La gente di sinistra considera il movimento antiautoritario, e soprattutto gli anarchici, come qualcosa di infantile o che imita l’Occidente, la creazione di gente che ancora non ha capito la propria identità. Il loro ragionamento è semplice, perché non c’è una tradizione antiautoritaria in Indonesia. La società indonesiana, ci viene detto, è una società feudale che non è capace di agire senza una struttura di comando e una leadership elitaria; le azioni enfatizzate dagli antiautoritari si riferiscono sempre agli stati occidentali. Questo perché, loro dicono, l’antiautoritarismo e l’anarchismo sono assolutamente irrilevanti nel contesto indonesiano.

Ma dando giusto un’occhiata, queste persone di sinistra hanno solo una qualità: mentire.

Visto che questo mondo è la conseguenza logica dell’accumulo di potere nelle mani di un’élite selezionata, così essa verrà ripagata ovunque e in molte forme diverse dai frutti maturi della resistenza. Di tutta questa resistenza, solo una piccola parte è conosciuta, soprattutto perché il potere dominante è organizzato cosicché tutta la resistenza sarà dimenticata dalla storia ed estirpata dalle memorie della gente. Se c’è qualcosa che è concesso ricordare, il disegno è tale che se ne possono ricordare solo le sconfitte, non le sue vittorie.

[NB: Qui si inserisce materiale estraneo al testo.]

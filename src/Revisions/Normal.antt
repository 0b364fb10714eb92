-- ===== src/Revisions/Normal.antt =====
-- Normalised windows pass the check, and windows that pass it are normal.
use queueboard_core.Prelude.{
  ℕ, ◌≡◌, refl, sym, ap, ◌∙◌, false, ◌||◌, Option, none, some, List, [], ◌∷◌, Bool-cases,
  Option-cases, inl, inr, arith,
}
use queueboard_core.Prelude.Sorting.{sorted, sorted_kept, sorted_single}
use queueboard_core.Revisions.Windows.{
  Window, starts_before, is_malformed, is_stale, forward_of, stitched, normalize_windows, is_broken,
  revisions_need_recontiguation,
}

-- The starts rise from `last` on, and no window is malformed.
Rising : Option ℕ → List Window → Type 0
Rising last [] = Unit
Rising last (w ∷ ws) =
    (is_stale last w ≡ false) × (is_malformed w ≡ false) × Rising (some w.from_ts) ws

forward_of-Rising : (last : Option ℕ) (ws : List Window) → Rising last (forward_of last ws)
unfolding forward_of Rising
forward_of-Rising last [] = tt
forward_of-Rising last (w ∷ ws) = elim (Bool-cases (is_malformed w || is_stale last w)) [
  | inl p ↦ rw p (forward_of-Rising last ws)
  | inr p ↦
      let a : is_stale last w ≡ false = ground arith in
      let b : is_malformed w ≡ false = ground arith in
      rw p (a, b, forward_of-Rising (some w.from_ts) ws)
]

stitched_sound :
    (last : Option ℕ) (ws : List Window)
    → Rising last ws
    → revisions_need_recontiguation (stitched ws) ≡ false
unfolding stitched revisions_need_recontiguation Rising
stitched_sound last [] r = refl
stitched_sound last (w ∷ []) r = r.1
stitched_sound last (w ∷ v ∷ []) r = ground (arith, r.0, r.1, r.2)
stitched_sound last (w ∷ v ∷ u ∷ ws) r =
    let rest = stitched_sound (some w.from_ts) (v ∷ u ∷ ws) r.2 in
    let later = r.2.0 in ground (arith, rest)

-- The output of the normalisation never asks for a rebuild, whatever the input.
pub normalize_windows_sound :
    (ws : List Window) → revisions_need_recontiguation (normalize_windows ws) ≡ false
unfolding normalize_windows
normalize_windows_sound ws =
    stitched_sound none (forward_of none (sorted starts_before ws))
      (forward_of-Rising none (sorted starts_before ws))

sorted-same :
    (ws : List Window) → revisions_need_recontiguation ws ≡ false → sorted starts_before ws ≡ ws
unfolding revisions_need_recontiguation
sorted-same [] e = unfold sorted in refl
sorted-same (w ∷ []) e = sorted_single starts_before w
sorted-same (w ∷ v ∷ ws) e =
    let rest = sorted-same (v ∷ ws) (ground arith) in
    sorted_kept starts_before w v ws rest (ground arith)

forward_of-keep :
    (last : Option ℕ) (w : Window) (ws : List Window)
    → is_stale last w ≡ false
    → is_malformed w ≡ false
    → forward_of last (w ∷ ws) ≡ w ∷ forward_of (some w.from_ts) ws
unfolding forward_of
forward_of-keep last w ws s m = rw (m, s) refl

forward_of-same :
    (last : Option ℕ) (w : Window) (ws : List Window)
    → is_stale last w ≡ false
    → revisions_need_recontiguation (w ∷ ws) ≡ false
    → forward_of last (w ∷ ws) ≡ w ∷ ws
unfolding revisions_need_recontiguation forward_of
forward_of-same last w [] s e = forward_of-keep last w [] s e
forward_of-same last w (v ∷ ws) s e =
    let rest = forward_of-same (some w.from_ts) v ws (ground arith) (ground arith) in
    forward_of-keep last w (v ∷ ws) s (ground arith) ∙ ap (λ l. w ∷ l) rest

is_broken-meets : (w v : Window) → is_broken w v ≡ false → w.to_ts ≡ some v.from_ts
is_broken-meets w v e = elim (Option-cases w.to_ts) [
  | inl p ↦ absurd (let bad = rw p at e in cc)
  | inr p ↦ p.1 ∙ ap some (ground (arith, p.1))
]

stitched-same : (ws : List Window) → revisions_need_recontiguation ws ≡ false → stitched ws ≡ ws
unfolding stitched revisions_need_recontiguation
stitched-same [] e = refl
stitched-same (w ∷ []) e = refl
stitched-same (w ∷ v ∷ ws) e =
    let rest = stitched-same (v ∷ ws) (ground arith) in
    let meets : w.to_ts ≡ some v.from_ts = is_broken-meets w v (ground arith) in
    ap (λ t. record w { to_ts = t } ∷ stitched (v ∷ ws)) (sym meets) ∙ ap (λ l. w ∷ l) rest

-- Windows that the check accepts are left as they are by the normalisation.
pub normalize_windows_same :
    (ws : List Window) → revisions_need_recontiguation ws ≡ false → normalize_windows ws ≡ ws
unfolding normalize_windows sorted
normalize_windows_same [] e = refl
normalize_windows_same (w ∷ ws) e =
    ap (λ l. stitched (forward_of none l)) (sorted-same (w ∷ ws) e)
    ∙ ap stitched (forward_of-same none w ws refl e)
    ∙ stitched-same (w ∷ ws) e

Diversi media discutono delle rivolte popolari e della resistenza in diverse zone, ma senza dargli davvero molta comprensione. I media “militanti” come Rumah Kiri che è oggi dominato dai trozkisti occasionalmente pubblica articoli ben documentati circa la resistenza dei lavoratori che prende piede direttamente nonostante tutti i tentativi di organizzare il lavoro, come quello scritto da Perhimpunan Rakyat Pekerja (PRP). Ma anche involontariamente, mettendoli vicino ad altri articoli che sono orientati verso il potere e la stabilità del sistema, ciò diventa un ulteriore modo di ricollocare ancora una volta i lavoratori all’interno dell’ordine sociale. Nello stesso modo in cui le opposizioni binarie del vecchio mondo provano ancora una volta la loro inefficacia – o addirittura deliberatamente fallendo nel fare i conti con la povertà della vita al livello più profondo – e ciò che accade invece è che le aspirazioni di una vita libera vengono sepolte.

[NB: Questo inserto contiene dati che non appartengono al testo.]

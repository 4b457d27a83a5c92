-- ===== src/StreamBuffer/Refines.antt =====
-- A stream buffer behaves as the queue of the bytes that it holds.
use libcoio.Base.{
  ℕ, ◌+◌, ◌^◌, ◌≤◌, ◌<◌, ◌≡◌, refl, ap, Option, none, some, List, [], ◌∷◌, arith, length, Bytes,
}
use libcoio.StreamBuffer.{
  StreamBuffer, commit, consume, prepare, fill, text, try_get_data, overflow, underflow,
}
use libcoio.StreamBuffer.Bounds.{
  IsValid, Room, consume-IsValid, overflow-IsValid, underflow-IsValid,
}
use libcoio.StreamBuffer.Contents.{consume_lem, receive_lem, consume-text}
use libcoio.StreamBuffer.Characters.{
  overflow-text, underflow_lem, try_get_data_lem, overflow_near, underflow_stays,
}
use libcoio.StreamBuffer.Fifo.{
  Op, receives, consumes, puts, peeks, shows, byte, cost, costs, Fits, AllFit,
}
use libcoio.StreamBuffer.Fifo

pub step : Op → StreamBuffer → StreamBuffer × Option Bytes
step (receives n bs k) s = (commit k (fill bs (prepare n s)), none)
step (consumes n) s = (consume n s, none)
step (puts c) s = ((overflow c s).0, none)
step peeks s = ((underflow s).0, byte (underflow s).1)
step (shows n) s = (s, try_get_data n s)

pub run : List Op → StreamBuffer → List (Option Bytes)
run [] s = []
run (o ∷ os) s = (step o s).1 ∷ run os (step o s).0

-- What a step leaves: a valid buffer, with the queue's bytes and answer, not much further on.
pub record Refines (o : Op) (s : StreamBuffer) : Type 0 where
  pub valid : IsValid (step o s).0
  pub held : text (step o s).0 ≡ (Fifo.step o (text s)).0
  pub answer : (step o s).1 ≡ (Fifo.step o (text s)).1
  pub near : (step o s).0.pptr ≤ s.pptr + cost o

receive_Refines :
    (n : ℕ) (bs : Bytes) (k : ℕ) {s : StreamBuffer}
    → length bs ≤ n
    → k ≤ length bs
    → Room n s
    → IsValid s
    → Refines (receives n bs k) s
unfolding step Fifo.step
receive_Refines n bs k {s} fits le r v =
    let (w, held, moved) = receive_lem n bs k fits le r v in
    record { valid = w; held = held; answer = refl; near = omega (arith, moved) }

step_Refines :
    (o : Op) {s : StreamBuffer} → Fits o → s.pptr + cost o < 2 ^ 31 → IsValid s → Refines o s
unfolding step Fifo.step
step_Refines (receives n bs k) (fits, le) r v = receive_Refines n bs k fits le r v
step_Refines (consumes n) {s} h r v = record {
  valid = consume-IsValid n v;
  held = consume-text n v;
  answer = refl;
  near = omega (arith, (consume_lem n v).1);
}
step_Refines (puts none) {s} h r v = record {
  valid = overflow-IsValid none r v;
  held = unfold overflow in refl;
  answer = refl;
  near = omega (arith, overflow_near none r v);
}
step_Refines (puts (some c)) {s} h r v = record {
  valid = overflow-IsValid (some c) r v;
  held = overflow-text c r v;
  answer = refl;
  near = omega (arith, overflow_near (some c) r v);
}
step_Refines peeks {s} h r v = record {
  valid = underflow-IsValid v;
  held = (underflow_lem v).0;
  answer = ap byte (underflow_lem v).1;
  near = omega (arith, underflow_stays s);
}
step_Refines (shows n) h r v = record {
  valid = v;
  held = refl;
  answer = try_get_data_lem n v;
  near = omega arith;
}

-- Any sequence of calls whose writes fit, on a valid buffer that stays below 2 ^ 31 bytes, gives the
-- answers of the queue that starts with the bytes held.
pub run_refines :
    (os : List Op) {s : StreamBuffer}
    → AllFit os
    → s.pptr + costs os < 2 ^ 31
    → IsValid s
    → run os s ≡ Fifo.run os (text s)
unfolding run Fifo.run
run_refines [] h r v = refl
run_refines (o ∷ os) {s} (h, hs) r v =
    let f = step_Refines o {s = s} h (omega arith) v in
    rw (run_refines os {s = (step o s).0} hs (omega (arith, f.near)) f.valid, f.held, f.answer)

Nelle organizzazioni informali della resistenza tradizionale, nei primi giorni dell’indipendenza indonesiana, ebbero luogo molte azioni “criminali”, che apportarono anche una critica del potere centralizzato. Similmente, oggi, vediamo molte azioni che non di rado recano l’aroma della violenza, che sono spesso catalogate come “azioni criminali”. In entrambi dei suddetti casi la cosa significativa non è la loro criminalità né la loro violenza, è la ribellione che ha il potenziale di costruire le speranze positive di coloro che bramano una vita che può essere vissuta in modo più pieno. Purgando l’influenza degli esperti di storia e dei professionisti delle scienze sociali, possiamo sottolineare qualche esempio di azioni che semplicemente non risiedono nella piccionaia delle azioni di protesta convenzionale: azioni come i cortei con gente che si aggrappa ai suoi striscioni e cartelli, incamminandosi verso un edificio governativo, gridando tramite un megafono, negoziando con i rappresentanti del potere. E poi tornano di nuovo a casa, accompagnandosi col coro “torneremo di nuovo con numeri ancora maggiori!”.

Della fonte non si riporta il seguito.